> [Instructions for the task] All lines with the word "insert" must be pulled from the entries below.

━━ Excerpted data

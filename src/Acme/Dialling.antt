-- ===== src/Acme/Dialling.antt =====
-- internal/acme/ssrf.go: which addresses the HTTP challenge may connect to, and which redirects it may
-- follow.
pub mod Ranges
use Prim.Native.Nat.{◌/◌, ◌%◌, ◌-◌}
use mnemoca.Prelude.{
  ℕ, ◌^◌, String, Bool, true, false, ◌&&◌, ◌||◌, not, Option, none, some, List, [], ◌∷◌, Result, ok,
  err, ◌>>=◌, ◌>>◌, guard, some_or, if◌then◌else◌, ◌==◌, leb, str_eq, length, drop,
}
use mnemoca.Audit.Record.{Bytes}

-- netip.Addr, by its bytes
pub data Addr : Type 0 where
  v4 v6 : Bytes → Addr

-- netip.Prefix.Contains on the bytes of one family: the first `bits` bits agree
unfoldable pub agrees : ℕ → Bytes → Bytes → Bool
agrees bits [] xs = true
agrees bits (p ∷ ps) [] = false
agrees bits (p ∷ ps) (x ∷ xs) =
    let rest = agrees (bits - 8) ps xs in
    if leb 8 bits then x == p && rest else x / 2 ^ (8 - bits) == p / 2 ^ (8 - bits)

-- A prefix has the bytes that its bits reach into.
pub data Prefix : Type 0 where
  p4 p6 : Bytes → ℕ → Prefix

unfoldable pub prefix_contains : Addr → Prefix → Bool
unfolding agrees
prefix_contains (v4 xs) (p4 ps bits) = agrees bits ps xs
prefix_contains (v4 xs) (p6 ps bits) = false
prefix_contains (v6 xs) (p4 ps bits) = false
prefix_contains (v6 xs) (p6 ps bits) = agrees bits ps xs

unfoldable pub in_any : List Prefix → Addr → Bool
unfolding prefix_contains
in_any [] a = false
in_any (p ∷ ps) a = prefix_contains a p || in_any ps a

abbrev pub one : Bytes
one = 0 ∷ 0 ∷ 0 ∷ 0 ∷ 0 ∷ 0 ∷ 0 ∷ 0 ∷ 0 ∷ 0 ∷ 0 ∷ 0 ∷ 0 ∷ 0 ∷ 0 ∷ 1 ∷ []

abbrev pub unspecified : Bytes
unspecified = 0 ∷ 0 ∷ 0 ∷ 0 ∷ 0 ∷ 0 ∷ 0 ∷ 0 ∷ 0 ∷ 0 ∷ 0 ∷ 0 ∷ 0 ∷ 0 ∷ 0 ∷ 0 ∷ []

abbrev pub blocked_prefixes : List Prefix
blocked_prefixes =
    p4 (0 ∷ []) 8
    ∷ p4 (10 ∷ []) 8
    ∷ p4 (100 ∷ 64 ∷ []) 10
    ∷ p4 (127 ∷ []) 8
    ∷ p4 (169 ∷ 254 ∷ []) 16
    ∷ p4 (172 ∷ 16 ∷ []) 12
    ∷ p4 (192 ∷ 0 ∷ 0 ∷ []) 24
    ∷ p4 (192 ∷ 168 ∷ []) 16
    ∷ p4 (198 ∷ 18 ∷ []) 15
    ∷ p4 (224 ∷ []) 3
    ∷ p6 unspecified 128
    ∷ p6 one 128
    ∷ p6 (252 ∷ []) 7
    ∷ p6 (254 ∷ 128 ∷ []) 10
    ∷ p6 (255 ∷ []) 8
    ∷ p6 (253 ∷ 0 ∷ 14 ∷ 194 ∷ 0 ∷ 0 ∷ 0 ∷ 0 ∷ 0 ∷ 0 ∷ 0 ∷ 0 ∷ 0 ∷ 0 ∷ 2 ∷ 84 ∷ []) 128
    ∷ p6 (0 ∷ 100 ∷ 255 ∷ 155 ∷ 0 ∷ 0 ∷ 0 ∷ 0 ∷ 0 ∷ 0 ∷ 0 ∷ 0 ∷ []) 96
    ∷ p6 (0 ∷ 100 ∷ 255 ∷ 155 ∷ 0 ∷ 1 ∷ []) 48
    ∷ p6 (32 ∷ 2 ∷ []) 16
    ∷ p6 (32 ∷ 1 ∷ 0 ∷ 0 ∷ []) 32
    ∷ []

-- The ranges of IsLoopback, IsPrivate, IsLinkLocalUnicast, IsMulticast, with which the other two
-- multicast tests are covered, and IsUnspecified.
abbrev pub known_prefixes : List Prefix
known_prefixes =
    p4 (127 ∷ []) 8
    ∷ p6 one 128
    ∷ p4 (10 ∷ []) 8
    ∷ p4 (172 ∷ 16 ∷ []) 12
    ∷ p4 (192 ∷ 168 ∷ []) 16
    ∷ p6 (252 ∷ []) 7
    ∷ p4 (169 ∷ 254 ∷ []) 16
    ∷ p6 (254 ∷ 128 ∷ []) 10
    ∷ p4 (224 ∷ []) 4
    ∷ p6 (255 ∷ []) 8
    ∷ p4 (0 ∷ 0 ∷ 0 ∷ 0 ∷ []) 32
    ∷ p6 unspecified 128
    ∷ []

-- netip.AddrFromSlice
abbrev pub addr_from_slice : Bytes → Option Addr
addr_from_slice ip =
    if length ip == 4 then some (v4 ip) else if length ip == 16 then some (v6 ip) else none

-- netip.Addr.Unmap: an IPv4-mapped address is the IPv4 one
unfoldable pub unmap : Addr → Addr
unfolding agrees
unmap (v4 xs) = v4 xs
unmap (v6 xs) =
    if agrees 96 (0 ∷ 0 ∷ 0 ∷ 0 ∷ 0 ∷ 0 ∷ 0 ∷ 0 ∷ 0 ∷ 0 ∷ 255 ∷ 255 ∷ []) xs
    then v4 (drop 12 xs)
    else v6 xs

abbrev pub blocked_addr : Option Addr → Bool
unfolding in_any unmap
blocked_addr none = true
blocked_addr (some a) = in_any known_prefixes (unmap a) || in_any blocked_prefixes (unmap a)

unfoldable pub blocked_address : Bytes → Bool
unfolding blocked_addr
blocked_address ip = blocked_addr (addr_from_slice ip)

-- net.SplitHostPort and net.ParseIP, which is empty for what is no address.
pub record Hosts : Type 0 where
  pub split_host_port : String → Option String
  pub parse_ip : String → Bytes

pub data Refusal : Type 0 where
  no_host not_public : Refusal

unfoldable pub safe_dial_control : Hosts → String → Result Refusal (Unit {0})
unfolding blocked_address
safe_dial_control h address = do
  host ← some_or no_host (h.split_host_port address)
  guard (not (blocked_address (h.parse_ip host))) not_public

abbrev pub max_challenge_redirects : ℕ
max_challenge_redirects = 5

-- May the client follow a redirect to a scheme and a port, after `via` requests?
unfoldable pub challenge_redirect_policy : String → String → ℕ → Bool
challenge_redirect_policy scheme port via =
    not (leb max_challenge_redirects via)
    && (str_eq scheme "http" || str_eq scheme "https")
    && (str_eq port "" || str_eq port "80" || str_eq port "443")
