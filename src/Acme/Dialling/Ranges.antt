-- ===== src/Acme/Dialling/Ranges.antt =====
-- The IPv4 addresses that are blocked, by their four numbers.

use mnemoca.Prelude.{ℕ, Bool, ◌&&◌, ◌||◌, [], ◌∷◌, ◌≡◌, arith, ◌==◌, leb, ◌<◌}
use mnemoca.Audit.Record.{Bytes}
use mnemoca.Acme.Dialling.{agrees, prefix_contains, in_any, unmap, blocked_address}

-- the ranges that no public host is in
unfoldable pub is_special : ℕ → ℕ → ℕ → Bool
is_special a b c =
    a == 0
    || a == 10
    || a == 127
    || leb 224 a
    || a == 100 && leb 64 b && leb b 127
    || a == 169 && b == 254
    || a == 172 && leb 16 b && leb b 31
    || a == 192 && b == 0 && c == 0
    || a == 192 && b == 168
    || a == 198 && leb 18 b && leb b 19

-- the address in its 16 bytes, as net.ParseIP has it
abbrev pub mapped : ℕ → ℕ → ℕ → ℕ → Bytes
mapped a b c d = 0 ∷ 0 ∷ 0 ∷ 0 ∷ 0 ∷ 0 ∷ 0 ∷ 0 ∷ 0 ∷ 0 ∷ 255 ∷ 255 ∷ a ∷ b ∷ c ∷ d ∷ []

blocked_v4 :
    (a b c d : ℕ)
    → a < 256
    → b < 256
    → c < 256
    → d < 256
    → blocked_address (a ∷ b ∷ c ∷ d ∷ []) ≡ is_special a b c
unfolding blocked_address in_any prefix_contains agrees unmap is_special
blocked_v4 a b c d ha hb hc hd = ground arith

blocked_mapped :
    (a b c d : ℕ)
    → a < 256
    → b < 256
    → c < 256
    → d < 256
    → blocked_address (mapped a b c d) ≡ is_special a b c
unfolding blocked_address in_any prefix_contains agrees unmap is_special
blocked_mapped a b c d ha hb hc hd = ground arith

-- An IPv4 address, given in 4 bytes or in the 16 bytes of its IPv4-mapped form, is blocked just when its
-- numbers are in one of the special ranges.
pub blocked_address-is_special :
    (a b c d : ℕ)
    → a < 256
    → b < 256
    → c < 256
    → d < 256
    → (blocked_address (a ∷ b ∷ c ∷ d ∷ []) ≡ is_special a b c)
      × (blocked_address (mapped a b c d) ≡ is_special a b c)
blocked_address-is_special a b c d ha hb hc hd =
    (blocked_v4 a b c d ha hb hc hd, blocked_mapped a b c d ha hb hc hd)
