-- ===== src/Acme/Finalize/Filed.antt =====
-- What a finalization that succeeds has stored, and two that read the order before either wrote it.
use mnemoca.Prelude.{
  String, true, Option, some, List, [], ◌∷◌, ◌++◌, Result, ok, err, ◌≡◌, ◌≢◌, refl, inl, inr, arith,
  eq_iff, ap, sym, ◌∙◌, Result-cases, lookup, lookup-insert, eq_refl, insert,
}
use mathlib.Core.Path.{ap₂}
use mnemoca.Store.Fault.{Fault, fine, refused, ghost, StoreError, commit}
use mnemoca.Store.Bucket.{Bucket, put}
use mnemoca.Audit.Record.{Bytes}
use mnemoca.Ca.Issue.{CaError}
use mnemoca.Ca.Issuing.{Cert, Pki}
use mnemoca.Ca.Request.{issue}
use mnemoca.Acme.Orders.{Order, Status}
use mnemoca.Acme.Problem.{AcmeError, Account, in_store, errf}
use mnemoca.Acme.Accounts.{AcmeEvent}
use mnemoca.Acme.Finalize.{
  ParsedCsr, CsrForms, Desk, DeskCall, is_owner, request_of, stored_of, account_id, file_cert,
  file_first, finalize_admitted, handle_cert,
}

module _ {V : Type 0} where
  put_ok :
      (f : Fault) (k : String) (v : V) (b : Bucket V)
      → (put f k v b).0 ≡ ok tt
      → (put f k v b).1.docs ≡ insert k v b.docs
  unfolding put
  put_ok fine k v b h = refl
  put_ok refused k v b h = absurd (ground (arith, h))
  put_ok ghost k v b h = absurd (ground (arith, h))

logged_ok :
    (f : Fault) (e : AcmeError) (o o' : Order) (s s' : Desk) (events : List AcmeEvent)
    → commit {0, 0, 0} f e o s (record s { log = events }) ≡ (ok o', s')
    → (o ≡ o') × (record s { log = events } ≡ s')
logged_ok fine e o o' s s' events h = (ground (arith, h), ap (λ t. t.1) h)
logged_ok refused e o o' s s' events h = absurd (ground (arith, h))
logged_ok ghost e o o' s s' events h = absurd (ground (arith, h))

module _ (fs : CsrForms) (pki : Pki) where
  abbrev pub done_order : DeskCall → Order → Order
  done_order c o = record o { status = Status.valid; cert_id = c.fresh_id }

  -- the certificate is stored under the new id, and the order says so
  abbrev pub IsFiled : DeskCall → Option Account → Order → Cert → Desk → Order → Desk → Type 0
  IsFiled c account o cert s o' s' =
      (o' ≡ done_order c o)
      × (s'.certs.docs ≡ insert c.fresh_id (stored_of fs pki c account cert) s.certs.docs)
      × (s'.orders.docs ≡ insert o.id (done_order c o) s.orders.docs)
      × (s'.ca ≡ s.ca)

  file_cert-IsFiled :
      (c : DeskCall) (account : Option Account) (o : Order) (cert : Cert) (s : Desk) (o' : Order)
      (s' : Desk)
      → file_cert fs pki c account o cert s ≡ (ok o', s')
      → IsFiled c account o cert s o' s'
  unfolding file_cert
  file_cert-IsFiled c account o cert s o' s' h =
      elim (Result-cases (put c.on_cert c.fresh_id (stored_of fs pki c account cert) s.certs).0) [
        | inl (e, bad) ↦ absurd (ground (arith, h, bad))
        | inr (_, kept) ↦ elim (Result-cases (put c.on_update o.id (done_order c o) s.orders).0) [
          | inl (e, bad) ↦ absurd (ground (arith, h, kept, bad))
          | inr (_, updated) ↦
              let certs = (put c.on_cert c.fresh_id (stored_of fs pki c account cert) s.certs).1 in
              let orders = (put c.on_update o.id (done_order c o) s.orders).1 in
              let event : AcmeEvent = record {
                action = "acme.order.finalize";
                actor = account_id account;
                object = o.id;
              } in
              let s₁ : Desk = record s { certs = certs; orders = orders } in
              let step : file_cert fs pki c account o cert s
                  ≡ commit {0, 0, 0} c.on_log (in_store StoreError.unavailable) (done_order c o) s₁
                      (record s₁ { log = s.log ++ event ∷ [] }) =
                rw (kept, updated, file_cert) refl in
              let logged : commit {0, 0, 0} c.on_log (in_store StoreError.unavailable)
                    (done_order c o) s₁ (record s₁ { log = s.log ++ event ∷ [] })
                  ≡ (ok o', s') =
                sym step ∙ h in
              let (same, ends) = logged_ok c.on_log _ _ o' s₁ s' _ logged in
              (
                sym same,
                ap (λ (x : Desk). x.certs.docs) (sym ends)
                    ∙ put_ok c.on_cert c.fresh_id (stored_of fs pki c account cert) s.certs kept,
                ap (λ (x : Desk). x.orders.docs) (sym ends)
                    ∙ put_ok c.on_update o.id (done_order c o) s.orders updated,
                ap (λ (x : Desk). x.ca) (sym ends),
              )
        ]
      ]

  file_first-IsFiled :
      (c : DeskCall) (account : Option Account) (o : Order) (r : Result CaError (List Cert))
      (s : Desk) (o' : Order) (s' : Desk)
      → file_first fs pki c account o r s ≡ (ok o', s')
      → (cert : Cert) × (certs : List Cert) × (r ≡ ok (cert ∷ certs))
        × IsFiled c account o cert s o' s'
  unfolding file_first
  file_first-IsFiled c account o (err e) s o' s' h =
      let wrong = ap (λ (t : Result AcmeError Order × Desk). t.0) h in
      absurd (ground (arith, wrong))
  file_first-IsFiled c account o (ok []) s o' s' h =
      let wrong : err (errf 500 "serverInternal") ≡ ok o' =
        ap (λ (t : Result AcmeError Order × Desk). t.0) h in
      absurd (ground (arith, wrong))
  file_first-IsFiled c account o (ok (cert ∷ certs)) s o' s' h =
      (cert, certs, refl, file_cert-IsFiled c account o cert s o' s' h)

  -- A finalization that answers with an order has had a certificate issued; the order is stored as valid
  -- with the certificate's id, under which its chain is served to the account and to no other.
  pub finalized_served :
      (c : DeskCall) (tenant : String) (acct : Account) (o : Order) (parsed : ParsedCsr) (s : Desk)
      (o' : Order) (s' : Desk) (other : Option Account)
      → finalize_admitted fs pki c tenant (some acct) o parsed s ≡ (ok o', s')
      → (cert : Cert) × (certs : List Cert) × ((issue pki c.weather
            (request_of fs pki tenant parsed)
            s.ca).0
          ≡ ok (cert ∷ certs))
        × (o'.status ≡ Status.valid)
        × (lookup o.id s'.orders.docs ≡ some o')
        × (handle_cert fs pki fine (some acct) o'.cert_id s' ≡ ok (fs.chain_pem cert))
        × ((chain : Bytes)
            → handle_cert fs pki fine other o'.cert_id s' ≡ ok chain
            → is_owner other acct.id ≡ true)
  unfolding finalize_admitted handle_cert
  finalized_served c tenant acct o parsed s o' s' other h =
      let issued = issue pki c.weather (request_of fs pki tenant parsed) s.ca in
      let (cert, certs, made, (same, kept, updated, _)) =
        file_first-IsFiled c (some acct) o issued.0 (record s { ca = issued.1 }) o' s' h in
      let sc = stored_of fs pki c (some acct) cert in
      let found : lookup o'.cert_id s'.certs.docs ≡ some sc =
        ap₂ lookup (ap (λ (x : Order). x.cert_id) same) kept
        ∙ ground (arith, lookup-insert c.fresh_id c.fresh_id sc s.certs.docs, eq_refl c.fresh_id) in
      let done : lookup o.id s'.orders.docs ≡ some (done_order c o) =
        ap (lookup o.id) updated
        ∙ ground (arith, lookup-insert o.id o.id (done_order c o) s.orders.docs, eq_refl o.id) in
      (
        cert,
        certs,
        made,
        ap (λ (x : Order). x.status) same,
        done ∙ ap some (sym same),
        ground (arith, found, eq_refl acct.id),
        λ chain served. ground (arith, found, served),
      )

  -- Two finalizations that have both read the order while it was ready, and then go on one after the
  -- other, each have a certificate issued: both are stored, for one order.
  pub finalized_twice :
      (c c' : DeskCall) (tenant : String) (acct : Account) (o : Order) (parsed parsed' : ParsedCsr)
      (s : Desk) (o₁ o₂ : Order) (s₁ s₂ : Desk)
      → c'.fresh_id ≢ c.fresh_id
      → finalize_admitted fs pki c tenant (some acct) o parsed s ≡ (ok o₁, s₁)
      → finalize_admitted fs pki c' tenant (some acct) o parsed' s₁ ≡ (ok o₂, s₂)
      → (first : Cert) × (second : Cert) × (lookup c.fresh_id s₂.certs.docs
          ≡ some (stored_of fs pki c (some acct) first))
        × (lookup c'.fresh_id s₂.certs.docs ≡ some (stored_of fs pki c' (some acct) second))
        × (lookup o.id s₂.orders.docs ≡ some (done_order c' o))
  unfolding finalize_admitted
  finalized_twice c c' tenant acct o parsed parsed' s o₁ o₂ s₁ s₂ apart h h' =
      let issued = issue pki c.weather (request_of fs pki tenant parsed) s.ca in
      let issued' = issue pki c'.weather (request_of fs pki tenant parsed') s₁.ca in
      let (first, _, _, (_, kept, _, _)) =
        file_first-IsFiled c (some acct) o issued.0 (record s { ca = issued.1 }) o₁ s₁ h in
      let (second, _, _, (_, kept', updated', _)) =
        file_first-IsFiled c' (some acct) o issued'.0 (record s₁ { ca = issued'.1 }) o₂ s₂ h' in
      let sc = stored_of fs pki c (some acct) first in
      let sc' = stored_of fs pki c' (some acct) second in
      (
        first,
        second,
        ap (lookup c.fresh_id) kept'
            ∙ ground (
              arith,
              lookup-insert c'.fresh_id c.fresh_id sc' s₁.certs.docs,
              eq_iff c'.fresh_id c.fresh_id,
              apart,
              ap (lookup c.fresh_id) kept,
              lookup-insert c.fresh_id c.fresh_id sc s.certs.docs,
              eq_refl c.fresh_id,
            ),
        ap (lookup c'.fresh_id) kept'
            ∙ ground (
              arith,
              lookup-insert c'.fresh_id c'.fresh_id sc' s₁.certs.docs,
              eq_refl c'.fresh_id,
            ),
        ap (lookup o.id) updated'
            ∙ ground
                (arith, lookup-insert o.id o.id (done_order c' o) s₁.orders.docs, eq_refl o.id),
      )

━━━━

> [Answer to the exercise]
  eq_iff, ap, sym, ◌∙◌, Result-cases, lookup, lookup-insert, eq_refl, insert,
      → (put f k v b).1.docs ≡ insert k v b.docs
      × (s'.certs.docs ≡ insert c.fresh_id (stored_of fs pki c account cert) s.certs.docs)
      × (s'.orders.docs ≡ insert o.id (done_order c o) s.orders.docs)
        ∙ ground (arith, lookup-insert c.fresh_id c.fresh_id sc s.certs.docs, eq_refl c.fresh_id) in
        ∙ ground (arith, lookup-insert o.id o.id (done_order c o) s.orders.docs, eq_refl o.id) in
              lookup-insert c'.fresh_id c.fresh_id sc' s₁.certs.docs,
              lookup-insert c.fresh_id c.fresh_id sc s.certs.docs,
              lookup-insert c'.fresh_id c'.fresh_id sc' s₁.certs.docs,
                (arith, lookup-insert o.id o.id (done_order c' o) s₁.orders.docs, eq_refl o.id),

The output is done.